## WORK INSTRUCTIONS
The only acceptable output is every entry, printed exactly.
********************
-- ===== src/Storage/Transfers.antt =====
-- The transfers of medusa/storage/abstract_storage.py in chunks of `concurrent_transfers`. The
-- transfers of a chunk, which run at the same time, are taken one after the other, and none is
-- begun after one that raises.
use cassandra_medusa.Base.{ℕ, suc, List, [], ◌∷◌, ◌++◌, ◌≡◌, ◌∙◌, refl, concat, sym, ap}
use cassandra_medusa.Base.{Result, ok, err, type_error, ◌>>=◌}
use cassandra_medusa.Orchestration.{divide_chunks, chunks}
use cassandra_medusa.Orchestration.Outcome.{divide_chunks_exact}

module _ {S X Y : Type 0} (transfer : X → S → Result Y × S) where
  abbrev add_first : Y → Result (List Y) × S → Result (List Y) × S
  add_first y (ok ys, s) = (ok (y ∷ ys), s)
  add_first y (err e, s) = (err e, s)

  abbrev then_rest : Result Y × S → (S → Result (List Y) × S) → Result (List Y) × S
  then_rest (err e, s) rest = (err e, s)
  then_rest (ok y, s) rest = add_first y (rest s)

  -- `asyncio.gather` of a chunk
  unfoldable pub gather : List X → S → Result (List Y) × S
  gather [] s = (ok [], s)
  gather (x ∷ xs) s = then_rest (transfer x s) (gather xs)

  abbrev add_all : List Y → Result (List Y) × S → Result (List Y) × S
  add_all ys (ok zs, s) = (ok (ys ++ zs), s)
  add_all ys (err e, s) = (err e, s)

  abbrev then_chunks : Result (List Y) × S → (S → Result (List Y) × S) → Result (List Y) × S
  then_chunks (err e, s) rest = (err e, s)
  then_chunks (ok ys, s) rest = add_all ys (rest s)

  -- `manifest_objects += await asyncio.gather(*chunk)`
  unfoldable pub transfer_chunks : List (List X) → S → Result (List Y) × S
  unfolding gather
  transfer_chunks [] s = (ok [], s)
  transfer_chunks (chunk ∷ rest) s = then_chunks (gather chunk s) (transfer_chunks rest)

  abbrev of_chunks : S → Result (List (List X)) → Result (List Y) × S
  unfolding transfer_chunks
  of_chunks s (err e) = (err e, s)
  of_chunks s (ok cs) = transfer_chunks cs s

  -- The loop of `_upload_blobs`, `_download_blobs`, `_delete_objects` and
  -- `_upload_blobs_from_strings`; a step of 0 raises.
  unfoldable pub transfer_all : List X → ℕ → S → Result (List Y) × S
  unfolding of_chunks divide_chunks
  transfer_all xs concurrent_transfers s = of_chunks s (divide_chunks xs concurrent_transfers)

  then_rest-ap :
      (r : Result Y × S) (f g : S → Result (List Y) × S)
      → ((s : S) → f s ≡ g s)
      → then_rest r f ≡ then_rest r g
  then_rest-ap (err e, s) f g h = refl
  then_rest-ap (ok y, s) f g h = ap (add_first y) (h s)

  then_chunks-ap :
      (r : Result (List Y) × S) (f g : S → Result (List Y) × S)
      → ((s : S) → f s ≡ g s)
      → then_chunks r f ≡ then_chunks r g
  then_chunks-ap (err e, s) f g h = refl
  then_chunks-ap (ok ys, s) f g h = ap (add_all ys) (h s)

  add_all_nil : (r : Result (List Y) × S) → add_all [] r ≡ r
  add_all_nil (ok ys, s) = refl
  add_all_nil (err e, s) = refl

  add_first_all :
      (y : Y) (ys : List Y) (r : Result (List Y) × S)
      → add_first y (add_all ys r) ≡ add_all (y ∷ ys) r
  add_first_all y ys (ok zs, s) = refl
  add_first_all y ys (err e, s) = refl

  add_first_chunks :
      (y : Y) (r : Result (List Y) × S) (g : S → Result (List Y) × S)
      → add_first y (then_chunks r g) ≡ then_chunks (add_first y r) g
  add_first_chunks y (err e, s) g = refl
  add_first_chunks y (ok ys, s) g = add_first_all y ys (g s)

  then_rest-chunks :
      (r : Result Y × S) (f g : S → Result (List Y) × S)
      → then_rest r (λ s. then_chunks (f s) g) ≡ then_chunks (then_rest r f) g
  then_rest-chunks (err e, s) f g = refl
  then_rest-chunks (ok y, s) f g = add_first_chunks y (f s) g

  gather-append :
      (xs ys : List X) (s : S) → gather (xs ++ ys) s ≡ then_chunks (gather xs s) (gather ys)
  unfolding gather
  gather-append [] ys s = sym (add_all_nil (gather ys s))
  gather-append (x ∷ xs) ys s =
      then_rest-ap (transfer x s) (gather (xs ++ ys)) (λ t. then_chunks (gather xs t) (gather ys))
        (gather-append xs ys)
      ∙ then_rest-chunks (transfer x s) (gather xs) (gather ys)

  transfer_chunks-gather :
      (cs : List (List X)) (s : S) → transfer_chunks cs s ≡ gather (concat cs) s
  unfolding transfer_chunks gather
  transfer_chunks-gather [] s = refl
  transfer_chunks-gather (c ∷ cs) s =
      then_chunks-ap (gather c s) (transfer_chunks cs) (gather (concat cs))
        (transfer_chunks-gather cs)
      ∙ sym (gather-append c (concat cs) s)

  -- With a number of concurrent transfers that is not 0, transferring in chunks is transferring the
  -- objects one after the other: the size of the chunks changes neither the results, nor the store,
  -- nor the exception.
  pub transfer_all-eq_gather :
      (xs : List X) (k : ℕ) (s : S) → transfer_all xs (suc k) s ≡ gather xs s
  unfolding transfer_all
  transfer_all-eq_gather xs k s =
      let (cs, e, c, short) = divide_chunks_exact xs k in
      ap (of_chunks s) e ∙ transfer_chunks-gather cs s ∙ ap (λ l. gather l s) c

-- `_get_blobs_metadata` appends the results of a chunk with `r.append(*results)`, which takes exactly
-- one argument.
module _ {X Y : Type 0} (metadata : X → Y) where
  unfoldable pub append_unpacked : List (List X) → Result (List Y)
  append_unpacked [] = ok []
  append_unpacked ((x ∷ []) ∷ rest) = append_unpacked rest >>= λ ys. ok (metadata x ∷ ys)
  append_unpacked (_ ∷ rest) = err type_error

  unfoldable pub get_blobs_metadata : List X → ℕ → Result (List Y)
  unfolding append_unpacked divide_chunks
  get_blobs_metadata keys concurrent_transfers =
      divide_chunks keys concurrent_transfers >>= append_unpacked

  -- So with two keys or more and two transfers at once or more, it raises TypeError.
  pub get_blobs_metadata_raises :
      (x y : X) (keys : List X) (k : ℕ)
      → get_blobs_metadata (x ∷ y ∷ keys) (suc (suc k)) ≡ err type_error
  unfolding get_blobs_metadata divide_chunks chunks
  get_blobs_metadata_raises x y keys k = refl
********************
## RESULT OF THE TASK
-- ===== src/Storage/Transfers.antt =====
-- The transfers of medusa/storage/abstract_storage.py in chunks of `concurrent_transfers`. The
-- transfers of a chunk, which run at the same time, are taken one after the other, and none is
-- begun after one that raises.
use cassandra_medusa.Base.{ℕ, suc, List, [], ◌∷◌, ◌++◌, ◌≡◌, ◌∙◌, refl, concat, sym, ap}
use cassandra_medusa.Base.{Result, ok, err, type_error, ◌>>=◌}
use cassandra_medusa.Orchestration.{divide_chunks, chunks}
use cassandra_medusa.Orchestration.Outcome.{divide_chunks_exact}

module _ {S X Y : Type 0} (transfer : X → S → Result Y × S) where
  abbrev add_first : Y → Result (List Y) × S → Result (List Y) × S
  add_first y (ok ys, s) = (ok (y ∷ ys), s)
  add_first y (err e, s) = (err e, s)

  abbrev then_rest : Result Y × S → (S → Result (List Y) × S) → Result (List Y) × S
  then_rest (err e, s) rest = (err e, s)
  then_rest (ok y, s) rest = add_first y (rest s)

  -- `asyncio.gather` of a chunk
  unfoldable pub gather : List X → S → Result (List Y) × S
  gather [] s = (ok [], s)
  gather (x ∷ xs) s = then_rest (transfer x s) (gather xs)

  abbrev add_all : List Y → Result (List Y) × S → Result (List Y) × S
  add_all ys (ok zs, s) = (ok (ys ++ zs), s)
  add_all ys (err e, s) = (err e, s)

  abbrev then_chunks : Result (List Y) × S → (S → Result (List Y) × S) → Result (List Y) × S
  then_chunks (err e, s) rest = (err e, s)
  then_chunks (ok ys, s) rest = add_all ys (rest s)

  -- `manifest_objects += await asyncio.gather(*chunk)`
  unfoldable pub transfer_chunks : List (List X) → S → Result (List Y) × S
  unfolding gather
  transfer_chunks [] s = (ok [], s)
  transfer_chunks (chunk ∷ rest) s = then_chunks (gather chunk s) (transfer_chunks rest)

  abbrev of_chunks : S → Result (List (List X)) → Result (List Y) × S
  unfolding transfer_chunks
  of_chunks s (err e) = (err e, s)
  of_chunks s (ok cs) = transfer_chunks cs s

  -- The loop of `_upload_blobs`, `_download_blobs`, `_delete_objects` and
  -- `_upload_blobs_from_strings`; a step of 0 raises.
  unfoldable pub transfer_all : List X → ℕ → S → Result (List Y) × S
  unfolding of_chunks divide_chunks
  transfer_all xs concurrent_transfers s = of_chunks s (divide_chunks xs concurrent_transfers)

  then_rest-ap :
      (r : Result Y × S) (f g : S → Result (List Y) × S)
      → ((s : S) → f s ≡ g s)
      → then_rest r f ≡ then_rest r g
  then_rest-ap (err e, s) f g h = refl
  then_rest-ap (ok y, s) f g h = ap (add_first y) (h s)

  then_chunks-ap :
      (r : Result (List Y) × S) (f g : S → Result (List Y) × S)
      → ((s : S) → f s ≡ g s)
      → then_chunks r f ≡ then_chunks r g
  then_chunks-ap (err e, s) f g h = refl
  then_chunks-ap (ok ys, s) f g h = ap (add_all ys) (h s)

  add_all_nil : (r : Result (List Y) × S) → add_all [] r ≡ r
  add_all_nil (ok ys, s) = refl
  add_all_nil (err e, s) = refl

  add_first_all :
      (y : Y) (ys : List Y) (r : Result (List Y) × S)
      → add_first y (add_all ys r) ≡ add_all (y ∷ ys) r
  add_first_all y ys (ok zs, s) = refl
  add_first_all y ys (err e, s) = refl

  add_first_chunks :
      (y : Y) (r : Result (List Y) × S) (g : S → Result (List Y) × S)
      → add_first y (then_chunks r g) ≡ then_chunks (add_first y r) g
  add_first_chunks y (err e, s) g = refl
  add_first_chunks y (ok ys, s) g = add_first_all y ys (g s)

  then_rest-chunks :
      (r : Result Y × S) (f g : S → Result (List Y) × S)
      → then_rest r (λ s. then_chunks (f s) g) ≡ then_chunks (then_rest r f) g
  then_rest-chunks (err e, s) f g = refl
  then_rest-chunks (ok y, s) f g = add_first_chunks y (f s) g

  gather-append :
      (xs ys : List X) (s : S) → gather (xs ++ ys) s ≡ then_chunks (gather xs s) (gather ys)
  unfolding gather
  gather-append [] ys s = sym (add_all_nil (gather ys s))
  gather-append (x ∷ xs) ys s =
      then_rest-ap (transfer x s) (gather (xs ++ ys)) (λ t. then_chunks (gather xs t) (gather ys))
        (gather-append xs ys)
      ∙ then_rest-chunks (transfer x s) (gather xs) (gather ys)

  transfer_chunks-gather :
      (cs : List (List X)) (s : S) → transfer_chunks cs s ≡ gather (concat cs) s
  unfolding transfer_chunks gather
  transfer_chunks-gather [] s = refl
  transfer_chunks-gather (c ∷ cs) s =
      then_chunks-ap (gather c s) (transfer_chunks cs) (gather (concat cs))
        (transfer_chunks-gather cs)
      ∙ sym (gather-append c (concat cs) s)

  -- With a number of concurrent transfers that is not 0, transferring in chunks is transferring the
  -- objects one after the other: the size of the chunks changes neither the results, nor the store,
  -- nor the exception.
  pub transfer_all-eq_gather :
      (xs : List X) (k : ℕ) (s : S) → transfer_all xs (suc k) s ≡ gather xs s
  unfolding transfer_all
  transfer_all-eq_gather xs k s =
      let (cs, e, c, short) = divide_chunks_exact xs k in
      ap (of_chunks s) e ∙ transfer_chunks-gather cs s ∙ ap (λ l. gather l s) c

-- `_get_blobs_metadata` appends the results of a chunk with `r.append(*results)`, which takes exactly
-- one argument.
module _ {X Y : Type 0} (metadata : X → Y) where
  unfoldable pub append_unpacked : List (List X) → Result (List Y)
  append_unpacked [] = ok []
  append_unpacked ((x ∷ []) ∷ rest) = append_unpacked rest >>= λ ys. ok (metadata x ∷ ys)
  append_unpacked (_ ∷ rest) = err type_error

  unfoldable pub get_blobs_metadata : List X → ℕ → Result (List Y)
  unfolding append_unpacked divide_chunks
  get_blobs_metadata keys concurrent_transfers =
      divide_chunks keys concurrent_transfers >>= append_unpacked

  -- So with two keys or more and two transfers at once or more, it raises TypeError.
  pub get_blobs_metadata_raises :
      (x y : X) (keys : List X) (k : ℕ)
      → get_blobs_metadata (x ∷ y ∷ keys) (suc (suc k)) ≡ err type_error
  unfolding get_blobs_metadata divide_chunks chunks
  get_blobs_metadata_raises x y keys k = refl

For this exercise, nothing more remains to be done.